|Strategic Command Cyberpartnership Battles National Vulnerabilities |
Strategic Command Cyberpartnership Battles National Vulnerabilities
Offutt Air Force Base, Nebraska -- (AFPN) February 29, 2000 -- A growing partnership between U.S. Strategic Command information security professionals and the Omaha community is helping to eliminate vulnerabilities in the nation's critical computer infrastructure.
The partnership began last May during a USSTRATCOM-sponsored Cybersecurity conference. That conference spawned several computer security initiatives that have yielded encouraging results, said David Mike, chief of the command's Information System Security Policy and Accreditation branch.
"The conference brought together more than 100 chief information officers and security managers from critical infrastructure companies and state and municipal governments to focus on computer security threats," said Mike. "As a result of the conference, Nebraska became the first state with a computer (emergency) response team, called "NebraskaCERT."
Also, a monthly Cyber Security Forum was established to share information among interested individuals and companies, he added.
An additional result of the conference, was that Omaha business and civic organizations cooperated to form what is called an InfraGard chapter.

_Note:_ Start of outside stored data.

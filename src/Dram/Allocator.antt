-- ===== src/Dram/Allocator.antt =====
-- internal/store/dram/offsetalloc.go: the allocator of extents, a port of another project's OffsetAllocator. What
-- the memory tier relies on is an interface, with the laws that its callers need.
use kvstash.Prelude.{ℕ, ◌+◌, ◌≤◌, ◌<◌, ◌≡◌, ◌≢◌, ◌⊎◌, true, Option, some, Bool}

-- The first unit of an extent, and what `Free` finds its size by.
pub record Allocation : Type 0 where
  pub offset : ℕ
  pub alloc_meta : ℕ

-- `owns s al u`: the extent `al` is handed out, and the unit `u` is in it. A free leaves the other extents alone
-- if what it is given was handed out.
pub record Allocator : Type 1 where
  pub State : Type 0
  pub alloc : State → ℕ → Option (State × Allocation)
  pub free : State → Allocation → State
  pub largest_free : State → ℕ
  pub total_free : State → ℕ
  pub max_allocs : ℕ
  pub owns : State → Allocation → ℕ → Bool
  pub capacity : ℕ
  pub owns-inside : (s : State) (al : Allocation) (u : ℕ) → owns s al u ≡ true → u < capacity
  pub alloc-gives :
      (s s' : State) (n u : ℕ) (al : Allocation)
      → alloc s n ≡ some (s', al)
      → al.offset ≤ u
      → u < al.offset + n
      → owns s' al u ≡ true
  pub alloc-apart :
      (s s' : State) (n u : ℕ) (al other : Allocation)
      → alloc s n ≡ some (s', al)
      → owns s other u ≡ true
      → (u < al.offset) ⊎ (al.offset + n ≤ u)
  pub alloc-keeps :
      (s s' : State) (n u : ℕ) (al other : Allocation)
      → alloc s n ≡ some (s', al)
      → owns s other u ≡ true
      → owns s' other u ≡ true
  pub free-keeps :
      (s : State) (u v : ℕ) (al other : Allocation)
      → other ≢ al
      → owns s al v ≡ true
      → owns s other u ≡ true
      → owns (free s al) other u ≡ true
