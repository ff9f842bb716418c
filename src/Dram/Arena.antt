-- ===== src/Dram/Arena.antt =====
-- internal/store/dram/arena.go: the mapped region that holds the bytes of the blocks, open. The mapping of pages
-- is the system's.
pub mod Copies
use kvstash.Prelude.{
  ℕ, zero, suc, ◌+◌, ◌-◌, Bool, ◌||◌, Option, none, some, [], ◌∷◌, length, ltb, ◌==◌, if◌then◌else◌,
}
use kvstash.Bytes.{Bytes}

pub record Arena : Type 0 where
  pub mem : ℕ → ℕ
  pub size : ℕ

-- The bytes of a slice of the region.
unfoldable pub view : (ℕ → ℕ) → ℕ → ℕ → Bytes
view mem off zero = []
view mem off (suc n) = mem off ∷ view mem (off + 1) n

-- `copy` into a slice of the region.
unfoldable pub copy_at : (ℕ → ℕ) → ℕ → Bytes → (ℕ → ℕ)
copy_at mem off [] = mem
copy_at mem off (b ∷ bs) =
    let rest = copy_at mem (off + 1) bs in λ a. if a == off then b else rest a

-- The bounds check of `Bytes`, which panics where this is true.
unfoldable pub out_of_arena : Arena → ℕ → ℕ → Bool
out_of_arena a off n = ltb a.size off || ltb (a.size - off) n

-- `Bytes`, none if it panics.
unfoldable pub arena_bytes : Arena → ℕ → ℕ → Option Bytes
arena_bytes a off n = if out_of_arena a off n then none else some (view a.mem off n)

-- A copy into the slice that `Bytes` gives, none if that panics.
unfoldable pub arena_copy : Arena → ℕ → Bytes → Option Arena
arena_copy a off bs =
    if out_of_arena a off (length bs) then none else some (record a { mem = copy_at a.mem off bs })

An InfraGard chapter is an organization through which businesses and government agencies can share threat information, intrusion incidents, system vulnerabilities and interdependencies with each other. Mike explained that the national InfraGard program was formed in 1999, as part of the federal government's effort to protect the nation's critical information systems. It serves as a national clearinghouse of cyberthreats and offers tools to help detect and prevent attacks.
InfraGard partnerships have two components: an alert network to allow members to communicate via secure e-mail, and a web site where computer security information and links to other security sites are posted. Membership in the InfraGard is anonymous by design, to facilitate the sharing of sensitive information without attribution.

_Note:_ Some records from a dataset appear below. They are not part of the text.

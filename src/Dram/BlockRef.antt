-- ===== src/Dram/BlockRef.antt =====
-- internal/store/dram/blockref.go: the metadata of a committed block. An atomic read-modify-write, or a
-- compare-and-swap loop, is one step. Times are nanoseconds, 0 if unset.
pub mod Refcount
use kvstash.Prelude.{
  ℕ, zero, suc, ◌+◌, ◌-◌, ◌/◌, ◌%◌, Bool, true, false, ◌&&◌, not, ltb, leb, ◌==◌, if◌then◌else◌,
}

pub record BlockRef : Type 0 where
  pub len : ℕ
  pub ns : ℕ
  pub pin_flags : ℕ
  pub lease_until : ℕ
  pub ttl_until : ℕ
  pub last_access : ℕ
  pub refcount : ℕ

abbrev pub pin_soft_bit : ℕ
pin_soft_bit = 1

abbrev pub pin_hard_bit : ℕ
pin_hard_bit = 2

unfoldable pub acquire : BlockRef → BlockRef × Bool
acquire r = if leb r.refcount 0 then (r, false) else (record r { refcount = r.refcount + 1 }, true)

-- `Release`, in a release build: a count below zero is set to zero.
unfoldable pub release : BlockRef → BlockRef × Bool
release r =
    if r.refcount == 0
    then (record r { refcount = 0 }, false)
    else (record r { refcount = r.refcount - 1 }, r.refcount - 1 == 0)

unfoldable pub leased : BlockRef → ℕ → Bool
leased r now = ltb now r.lease_until

pub expired : BlockRef → ℕ → Bool
expired r now = not (r.ttl_until == 0) && leb r.ttl_until now

unfoldable pub pinned : BlockRef → Bool
pinned r = not (r.pin_flags == 0)

-- `PinFlags & pinHardBit != 0`.
unfoldable pub hard_pinned : BlockRef → Bool
hard_pinned r = r.pin_flags / 2 % 2 == 1

unfoldable pub can_evict : BlockRef → ℕ → Bool
unfolding leased pinned
can_evict r now = r.refcount == 1 && not (leased r now) && not (pinned r)
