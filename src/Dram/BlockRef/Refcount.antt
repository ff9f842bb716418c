-- ===== src/Dram/BlockRef/Refcount.antt =====
-- internal/store/dram/blockref.go: the reference count against the readers and the index that hold it.
use kvstash.Prelude.{ℕ, ◌+◌, ◌-◌, ◌≤◌, ◌<◌, ◌≡◌, refl, Bool, false, if◌then◌else◌, arith}
use kvstash.Dram.BlockRef.{BlockRef, acquire, release}

-- A block with those who hold it: the readers, and the index while the block is in it. `frees` counts
-- the releases that told their caller to free the extent.
pub record Holders : Type 0 where
  pub block : BlockRef
  pub readers : ℕ
  pub indexed : ℕ
  pub frees : ℕ

unfoldable pub count : Bool → ℕ
count b = if b then 1 else 0

-- A reader tries to take a reference, a reader drops its own, the index drops its own.
pub data Step : Holders → Holders → Type 0 where
  gets :
      (s : Holders)
      → Step s (record s {
        block = (acquire s.block).0;
        readers = s.readers + count (acquire s.block).1;
      })
  reads :
      (s : Holders)
      → 0 < s.readers
      → Step s (record s {
        block = (release s.block).0;
        readers = s.readers - 1;
        frees = s.frees + count (release s.block).1;
      })
  deletes :
      (s : Holders)
      → 0 < s.indexed
      → Step s (record s {
        block = (release s.block).0;
        indexed = s.indexed - 1;
        frees = s.frees + count (release s.block).1;
      })

pub data Reach (s : Holders) : Holders → Type 0 where
  here : Reach s s
  next : {t u : Holders} → Reach s t → Step t u → Reach s u

-- The count is the references, and the extent is freed once, when the last of them is gone.
pub record IsHeld (s : Holders) : Type 0 where
  pub refs : s.block.refcount ≡ s.readers + s.indexed
  pub once : s.frees + s.indexed ≤ 1
  pub freed : 0 < s.frees → s.block.refcount ≡ 0
  pub kept : s.frees ≡ 0 → 0 < s.block.refcount

Step-IsHeld : {s t : Holders} → Step s t → IsHeld s → IsHeld t
unfolding acquire release count
Step-IsHeld (gets s) h = ground arith
Step-IsHeld (reads s l) h = ground arith
Step-IsHeld (deletes s l) h = ground arith

-- `Put` publishes a block with one reference, the index's own.
abbrev pub published : BlockRef → Holders
published r = record { block = record r { refcount = 1 }; readers = 0; indexed = 1; frees = 0 }

Reach-IsHeld : (r : BlockRef) {s : Holders} → Reach (published r) s → IsHeld s
Reach-IsHeld r here = record {
  refs = refl;
  once = omega arith;
  freed = λ h. absurd (omega arith);
  kept = λ h. omega arith;
}
Reach-IsHeld r (next p st) = Step-IsHeld st (Reach-IsHeld r p)

-- However readers and a delete interleave on a published block, its extent is freed at most once, never
-- while a reader or the index holds it, and always once nobody does; after that no reader gets it.
pub freed-exactly-once :
    (r : BlockRef) {s : Holders}
    → Reach (published r) s
    → (s.frees ≤ 1)
      × (0 < s.frees → (s.readers ≡ 0) × (s.indexed ≡ 0) × ((acquire s.block).1 ≡ false))
      × (s.readers ≡ 0 → s.indexed ≡ 0 → s.frees ≡ 1)
unfolding acquire
freed-exactly-once r p = let h = Reach-IsHeld r p in ground (arith, h.refs, h.once, h.freed, h.kept)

"Another initiative, which will ultimately strengthen our national security posture, is USSTRATCOM's partnership with local universities," explained Mike. An example is the Peter Kiewit Institute; which initiated a merger of the University of Nebraska at Omaha's College of Information Science and Technology and the University of Nebraska-Lincoln's College of Engineering and Technology. The collaborative partnership was formed to meet the increasing need for information technology professionals in the Omaha area and around the nation.
"The Peter Kiewit Institute asked for recommended changes to the Institute's under-graduate and graduate curriculum. We suggested a specialized certification program in information security; and it was overwhelmingly endorsed by area business representatives. I think that kind of program will satisfy a vital need for more information assurance expertise," said Mike.
"USSTRATCOM's mission is strategic deterrence. For us, a strong cyber-security program is essential to protect our critical command and control information systems," he concluded.